I live in a nice house close to school and the riding school. At school I study at VWO level, which is the same level as Gymnasium only without Greek and Latin. I have no pets, except when I had a school where we **** beds a week to keep at home ?). We have a cat in the garden. It's the cat of our neighbours but it likes her more to be with us. Her name is Bo. My computer crashed a few weeks ago, so I currently have no picture of her to show. 

My pat names are Daft Duck, Easter Bunny, Duck, crazy Duck, Oilbear (no, I don't know what that is) and much other crazy things 

I hope that I better learn English and have much fun!!

Much love,
Daphne


----------



## Walkamile (Dec 29, 2008)

Daphne welcome to Horse Forum. Your english is just fine to understand. Have fun here, we're a friendly and lively group.


----------



## Daft Duck (Aug 5, 2009)

Thankyou


----------



## Visibre (Jul 14, 2009)

hoi!
ik ben ook een nederlander hier hehe 

maarre, welkom hoor


----------



## bedouin (Oct 12, 2008)

Welcome daftduck Daphne,
Here as well a Hollander but then living in Tunisia.
Have a good time posting and reading at the forum.
Wonderfull photo's as well!
Groetjes van Wenda.


----------



## Jillyann (Mar 31, 2009)

Welcome to the forum!


----------



## horse nut (Aug 10, 2009)

Hey Daphne, don't worry about English it's fine, English is all I know and I some times don't say things right so don't worry about it


----------



## Luv 2 Trail (Jun 11, 2009)

Hey Daphne! Welcome to THF from sunny South Carolina! You do well with your English!!


----------



## sieltjuh (Aug 13, 2009)

I'm glad to see that I'm not the only Dutch girl on this forum! :-D


----------



## Daft Duck (Aug 5, 2009)

Hihi, well, thanks for all the reactions!


----------



## themacpack (Jul 16, 2009)

Welcome - I love your user name!
Don't worry too much about your english, there are plenty for whom it is their first language that don't have a good grasp of it, lol.
I am wondering about one thing you said and am thinking it may be lost in translation --


> I have no pets, except when I had a school where we **** beds a week to keep at home ???.

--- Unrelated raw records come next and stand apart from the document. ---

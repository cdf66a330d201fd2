-- ===== src/Services/ImageService/Cache.antt =====
-- The private helpers of `ImageService`: presigned addresses, and what is written to the cache.
use text2image.Base.{
  ◌+◌, ltb, not, ℤ, Option, none, some, List, [], ◌∷◌, map, Text, is_empty, if◌then◌else◌, Action,
  ◌>>=◌, ◌>>◌, pure, when,
}
use text2image.Models.TaskStatus.{is_terminal}
use text2image.Models.ImageGeneration.{ImageGeneration}
use text2image.Services.Effects.{Failure, call, compute, try_catch, try_catch_all}
use text2image.Services.CacheKeys.{
  decimal, presign_key, list_version_namespace, ttl_meta_terminal, ttl_meta_inflight, ttl_list_base,
}
use text2image.Services.Ports.{ImageListResult, Ports}

abbrev pub sanitized : ImageGeneration → ImageGeneration
sanitized image = record image { image_bytes = []; image_url = [] }

module _ {W : Type 0} (p : Ports W) where
  unfoldable pub invalidate_list_cache_for : ℤ → Action W Failure (Unit {0})
  invalidate_list_cache_for user_id =
      call (p.bump_version list_version_namespace (decimal user_id)) >>= λ _. pure tt

  abbrev pub presign_and_cache : Text → Text → Action W Failure Text
  presign_and_cache key storage_key = call (p.presign_url storage_key) >>= λ url.
      when (not (is_empty url)) (call (p.cache_setex key url p.presign_ttl) >>= λ _. pure tt)
      >> pure url

  abbrev pub cached_or_presign : Text → Text → Option Text → Action W Failure Text
  cached_or_presign key storage_key none = presign_and_cache key storage_key
  cached_or_presign key storage_key (some url) = pure url

  unfoldable pub presign_with_cache : Text → Action W Failure Text
  presign_with_cache storage_key =
      if is_empty storage_key
      then pure []
      else if not (ltb 0 p.presign_ttl)
      then call (p.presign_url storage_key)
      else (call (p.cache_get (presign_key storage_key)) >>= λ cached.
          cached_or_presign (presign_key storage_key) storage_key cached)

  -- An image whose address cannot be had keeps the address that it has.
  unfoldable pub presign_in_place : ImageGeneration → Action W Failure ImageGeneration
  unfolding presign_with_cache
  presign_in_place image =
      try_catch
        (presign_with_cache image.storage_key >>= λ url. pure (record image { image_url = url }))
        (pure image)

  abbrev pub presign_list_item : ImageGeneration → Action W Failure ImageGeneration
  presign_list_item image =
      if is_empty image.storage_key
      then pure image
      else try_catch_all
          (presign_with_cache image.storage_key >>= λ url. pure (record image { image_url = url }))
          (pure image)

  unfoldable pub presign_list_images_in_place :
      List ImageGeneration → Action W Failure (List ImageGeneration)
  presign_list_images_in_place [] = pure []
  presign_list_images_in_place (image ∷ images) = presign_list_item image >>= λ image'.
      presign_list_images_in_place images >>= λ images'. pure (image' ∷ images')

  unfoldable pub write_to_cache : Text → ImageGeneration → Action W Failure (Unit {0})
  write_to_cache key image =
      try_catch
        (compute (p.dump_image (sanitized image)) >>= λ value.
          call (
            p.cache_setex key value
              (if is_terminal image.status then ttl_meta_terminal else ttl_meta_inflight))
          >>= λ _. pure tt)
        (pure tt)

  unfoldable pub write_list_cache : Text → ImageListResult → Action W Failure (Unit {0})
  write_list_cache key result =
      try_catch
        (compute (p.dump_list (record result { content = map sanitized result.content }))
          >>= λ value. call p.list_ttl_jitter >>= λ jitter.
              call (p.cache_setex key value (ttl_list_base + jitter)) >>= λ _. pure tt)
        (pure tt)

 I'm trying to figure that one out - can you help me with what you meant, because the way it is coming across right now is kind of amusing (in a good way).
Glad you joined us. I think the international "flavor" is one thing I like so much about this forum.


----------



## RusticWildFire (Jul 6, 2008)

Hello! Welcome to the forum!


----------